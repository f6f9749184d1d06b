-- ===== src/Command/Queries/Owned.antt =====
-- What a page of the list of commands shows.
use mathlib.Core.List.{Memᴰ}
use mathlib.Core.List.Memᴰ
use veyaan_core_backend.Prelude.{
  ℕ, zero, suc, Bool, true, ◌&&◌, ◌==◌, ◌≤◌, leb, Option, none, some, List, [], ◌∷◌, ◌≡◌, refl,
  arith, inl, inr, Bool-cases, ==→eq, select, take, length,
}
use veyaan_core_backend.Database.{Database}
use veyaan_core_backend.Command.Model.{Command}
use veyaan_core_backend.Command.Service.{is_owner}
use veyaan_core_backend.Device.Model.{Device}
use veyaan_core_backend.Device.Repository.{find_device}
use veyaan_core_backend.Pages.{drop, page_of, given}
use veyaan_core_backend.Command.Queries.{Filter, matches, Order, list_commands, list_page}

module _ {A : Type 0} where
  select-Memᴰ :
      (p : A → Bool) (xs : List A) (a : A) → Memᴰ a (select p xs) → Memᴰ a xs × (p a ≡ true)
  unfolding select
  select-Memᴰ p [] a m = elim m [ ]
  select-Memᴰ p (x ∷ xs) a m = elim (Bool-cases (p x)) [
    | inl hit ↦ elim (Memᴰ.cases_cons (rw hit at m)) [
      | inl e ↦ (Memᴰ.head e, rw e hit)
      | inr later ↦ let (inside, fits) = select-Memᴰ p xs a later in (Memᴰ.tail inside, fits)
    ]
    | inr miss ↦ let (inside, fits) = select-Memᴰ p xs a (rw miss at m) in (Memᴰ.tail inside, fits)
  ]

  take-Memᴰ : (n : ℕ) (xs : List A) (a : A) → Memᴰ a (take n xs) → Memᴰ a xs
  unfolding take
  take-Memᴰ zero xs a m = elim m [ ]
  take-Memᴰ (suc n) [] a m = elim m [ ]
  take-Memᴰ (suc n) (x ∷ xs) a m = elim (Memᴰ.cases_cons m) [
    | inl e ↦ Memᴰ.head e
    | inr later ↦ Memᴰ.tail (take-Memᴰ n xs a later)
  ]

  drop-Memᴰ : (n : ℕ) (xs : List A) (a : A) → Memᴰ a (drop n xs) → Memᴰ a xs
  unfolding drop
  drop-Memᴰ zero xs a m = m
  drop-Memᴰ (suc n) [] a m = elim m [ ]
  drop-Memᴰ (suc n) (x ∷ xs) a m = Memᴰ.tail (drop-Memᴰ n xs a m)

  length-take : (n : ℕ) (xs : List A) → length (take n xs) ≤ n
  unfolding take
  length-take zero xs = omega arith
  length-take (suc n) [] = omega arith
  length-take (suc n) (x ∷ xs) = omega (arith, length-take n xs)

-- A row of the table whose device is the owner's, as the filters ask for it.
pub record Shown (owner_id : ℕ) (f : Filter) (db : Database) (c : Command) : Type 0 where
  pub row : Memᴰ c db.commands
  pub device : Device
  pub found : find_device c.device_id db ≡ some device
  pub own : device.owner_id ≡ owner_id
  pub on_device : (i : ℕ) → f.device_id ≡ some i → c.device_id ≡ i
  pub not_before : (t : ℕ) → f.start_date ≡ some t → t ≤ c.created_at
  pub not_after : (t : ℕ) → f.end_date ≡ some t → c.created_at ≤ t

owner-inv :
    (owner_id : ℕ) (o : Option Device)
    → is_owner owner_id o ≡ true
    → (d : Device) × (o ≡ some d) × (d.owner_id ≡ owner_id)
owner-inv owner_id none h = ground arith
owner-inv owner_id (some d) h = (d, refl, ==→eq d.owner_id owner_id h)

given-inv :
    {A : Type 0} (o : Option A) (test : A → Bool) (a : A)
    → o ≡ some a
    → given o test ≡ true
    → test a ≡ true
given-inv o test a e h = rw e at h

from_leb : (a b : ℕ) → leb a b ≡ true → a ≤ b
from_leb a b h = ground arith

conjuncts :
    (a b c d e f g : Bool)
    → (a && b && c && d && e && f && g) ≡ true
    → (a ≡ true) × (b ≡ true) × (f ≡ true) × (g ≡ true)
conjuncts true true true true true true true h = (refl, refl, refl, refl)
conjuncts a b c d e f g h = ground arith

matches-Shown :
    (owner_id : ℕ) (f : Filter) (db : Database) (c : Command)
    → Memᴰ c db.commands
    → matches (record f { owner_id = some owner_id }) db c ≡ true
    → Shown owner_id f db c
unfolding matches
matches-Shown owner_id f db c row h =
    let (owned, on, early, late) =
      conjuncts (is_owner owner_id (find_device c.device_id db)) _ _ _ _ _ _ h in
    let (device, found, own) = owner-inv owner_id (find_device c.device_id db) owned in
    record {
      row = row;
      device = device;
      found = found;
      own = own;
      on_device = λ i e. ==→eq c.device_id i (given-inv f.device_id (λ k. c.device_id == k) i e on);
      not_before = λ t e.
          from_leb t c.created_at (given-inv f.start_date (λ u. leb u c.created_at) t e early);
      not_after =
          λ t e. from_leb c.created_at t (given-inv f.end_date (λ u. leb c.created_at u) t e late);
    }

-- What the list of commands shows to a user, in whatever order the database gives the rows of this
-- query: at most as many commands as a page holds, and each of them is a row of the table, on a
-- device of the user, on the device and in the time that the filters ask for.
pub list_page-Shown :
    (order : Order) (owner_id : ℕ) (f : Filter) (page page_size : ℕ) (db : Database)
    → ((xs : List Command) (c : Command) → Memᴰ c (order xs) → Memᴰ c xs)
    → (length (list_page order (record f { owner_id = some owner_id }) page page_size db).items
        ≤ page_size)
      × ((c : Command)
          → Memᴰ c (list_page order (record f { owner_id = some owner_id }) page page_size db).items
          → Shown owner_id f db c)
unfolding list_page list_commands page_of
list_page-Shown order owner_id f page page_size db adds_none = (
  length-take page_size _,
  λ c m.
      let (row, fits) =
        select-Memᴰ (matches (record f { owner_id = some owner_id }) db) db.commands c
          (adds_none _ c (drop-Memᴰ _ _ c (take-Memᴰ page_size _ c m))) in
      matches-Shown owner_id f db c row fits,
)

+ + + + + + +

Problem details = Each line of the data is to be retyped exactly as shown.

Answer for this exercise =
repository f6f9749184d1d06b
-- ===== src/Command/Queries/Owned.antt =====
-- What a page of the list of commands shows.
use mathlib.Core.List.{Memᴰ}
use mathlib.Core.List.Memᴰ
use veyaan_core_backend.Prelude.{
  ℕ, zero, suc, Bool, true, ◌&&◌, ◌==◌, ◌≤◌, leb, Option, none, some, List, [], ◌∷◌, ◌≡◌, refl,
  arith, inl, inr, Bool-cases, ==→eq, select, take, length,
}
use veyaan_core_backend.Database.{Database}
use veyaan_core_backend.Command.Model.{Command}
use veyaan_core_backend.Command.Service.{is_owner}
use veyaan_core_backend.Device.Model.{Device}
use veyaan_core_backend.Device.Repository.{find_device}
use veyaan_core_backend.Pages.{drop, page_of, given}
use veyaan_core_backend.Command.Queries.{Filter, matches, Order, list_commands, list_page}

module _ {A : Type 0} where
  select-Memᴰ :
      (p : A → Bool) (xs : List A) (a : A) → Memᴰ a (select p xs) → Memᴰ a xs × (p a ≡ true)
  unfolding select
  select-Memᴰ p [] a m = elim m [ ]
  select-Memᴰ p (x ∷ xs) a m = elim (Bool-cases (p x)) [
    | inl hit ↦ elim (Memᴰ.cases_cons (rw hit at m)) [
      | inl e ↦ (Memᴰ.head e, rw e hit)
      | inr later ↦ let (inside, fits) = select-Memᴰ p xs a later in (Memᴰ.tail inside, fits)
    ]
    | inr miss ↦ let (inside, fits) = select-Memᴰ p xs a (rw miss at m) in (Memᴰ.tail inside, fits)
  ]

  take-Memᴰ : (n : ℕ) (xs : List A) (a : A) → Memᴰ a (take n xs) → Memᴰ a xs
  unfolding take
  take-Memᴰ zero xs a m = elim m [ ]
  take-Memᴰ (suc n) [] a m = elim m [ ]
  take-Memᴰ (suc n) (x ∷ xs) a m = elim (Memᴰ.cases_cons m) [
    | inl e ↦ Memᴰ.head e
    | inr later ↦ Memᴰ.tail (take-Memᴰ n xs a later)
  ]

  drop-Memᴰ : (n : ℕ) (xs : List A) (a : A) → Memᴰ a (drop n xs) → Memᴰ a xs
  unfolding drop
  drop-Memᴰ zero xs a m = m
  drop-Memᴰ (suc n) [] a m = elim m [ ]
  drop-Memᴰ (suc n) (x ∷ xs) a m = Memᴰ.tail (drop-Memᴰ n xs a m)

  length-take : (n : ℕ) (xs : List A) → length (take n xs) ≤ n
  unfolding take
  length-take zero xs = omega arith
  length-take (suc n) [] = omega arith
  length-take (suc n) (x ∷ xs) = omega (arith, length-take n xs)

-- A row of the table whose device is the owner's, as the filters ask for it.
pub record Shown (owner_id : ℕ) (f : Filter) (db : Database) (c : Command) : Type 0 where
  pub row : Memᴰ c db.commands
  pub device : Device
  pub found : find_device c.device_id db ≡ some device
  pub own : device.owner_id ≡ owner_id
  pub on_device : (i : ℕ) → f.device_id ≡ some i → c.device_id ≡ i
  pub not_before : (t : ℕ) → f.start_date ≡ some t → t ≤ c.created_at
  pub not_after : (t : ℕ) → f.end_date ≡ some t → c.created_at ≤ t

owner-inv :
    (owner_id : ℕ) (o : Option Device)
    → is_owner owner_id o ≡ true
    → (d : Device) × (o ≡ some d) × (d.owner_id ≡ owner_id)
owner-inv owner_id none h = ground arith
owner-inv owner_id (some d) h = (d, refl, ==→eq d.owner_id owner_id h)

given-inv :
    {A : Type 0} (o : Option A) (test : A → Bool) (a : A)
    → o ≡ some a
    → given o test ≡ true
    → test a ≡ true
given-inv o test a e h = rw e at h

from_leb : (a b : ℕ) → leb a b ≡ true → a ≤ b
from_leb a b h = ground arith

conjuncts :
    (a b c d e f g : Bool)
    → (a && b && c && d && e && f && g) ≡ true
    → (a ≡ true) × (b ≡ true) × (f ≡ true) × (g ≡ true)
conjuncts true true true true true true true h = (refl, refl, refl, refl)
conjuncts a b c d e f g h = ground arith

matches-Shown :
    (owner_id : ℕ) (f : Filter) (db : Database) (c : Command)
    → Memᴰ c db.commands
    → matches (record f { owner_id = some owner_id }) db c ≡ true
    → Shown owner_id f db c
unfolding matches
matches-Shown owner_id f db c row h =
    let (owned, on, early, late) =
      conjuncts (is_owner owner_id (find_device c.device_id db)) _ _ _ _ _ _ h in
    let (device, found, own) = owner-inv owner_id (find_device c.device_id db) owned in
    record {
      row = row;
      device = device;
      found = found;
      own = own;
      on_device = λ i e. ==→eq c.device_id i (given-inv f.device_id (λ k. c.device_id == k) i e on);
      not_before = λ t e.
          from_leb t c.created_at (given-inv f.start_date (λ u. leb u c.created_at) t e early);
      not_after =
          λ t e. from_leb c.created_at t (given-inv f.end_date (λ u. leb c.created_at u) t e late);
    }

-- What the list of commands shows to a user, in whatever order the database gives the rows of this
-- query: at most as many commands as a page holds, and each of them is a row of the table, on a
-- device of the user, on the device and in the time that the filters ask for.
pub list_page-Shown :
    (order : Order) (owner_id : ℕ) (f : Filter) (page page_size : ℕ) (db : Database)
    → ((xs : List Command) (c : Command) → Memᴰ c (order xs) → Memᴰ c xs)
    → (length (list_page order (record f { owner_id = some owner_id }) page page_size db).items
        ≤ page_size)
      × ((c : Command)
          → Memᴰ c (list_page order (record f { owner_id = some owner_id }) page page_size db).items
          → Shown owner_id f db c)
unfolding list_page list_commands page_of
list_page-Shown order owner_id f page page_size db adds_none = (
  length-take page_size _,
  λ c m.
      let (row, fits) =
        select-Memᴰ (matches (record f { owner_id = some owner_id }) db) db.commands c
          (adds_none _ c (drop-Memᴰ _ _ c (take-Memᴰ page_size _ c m))) in
      matches-Shown owner_id f db c row fits,
)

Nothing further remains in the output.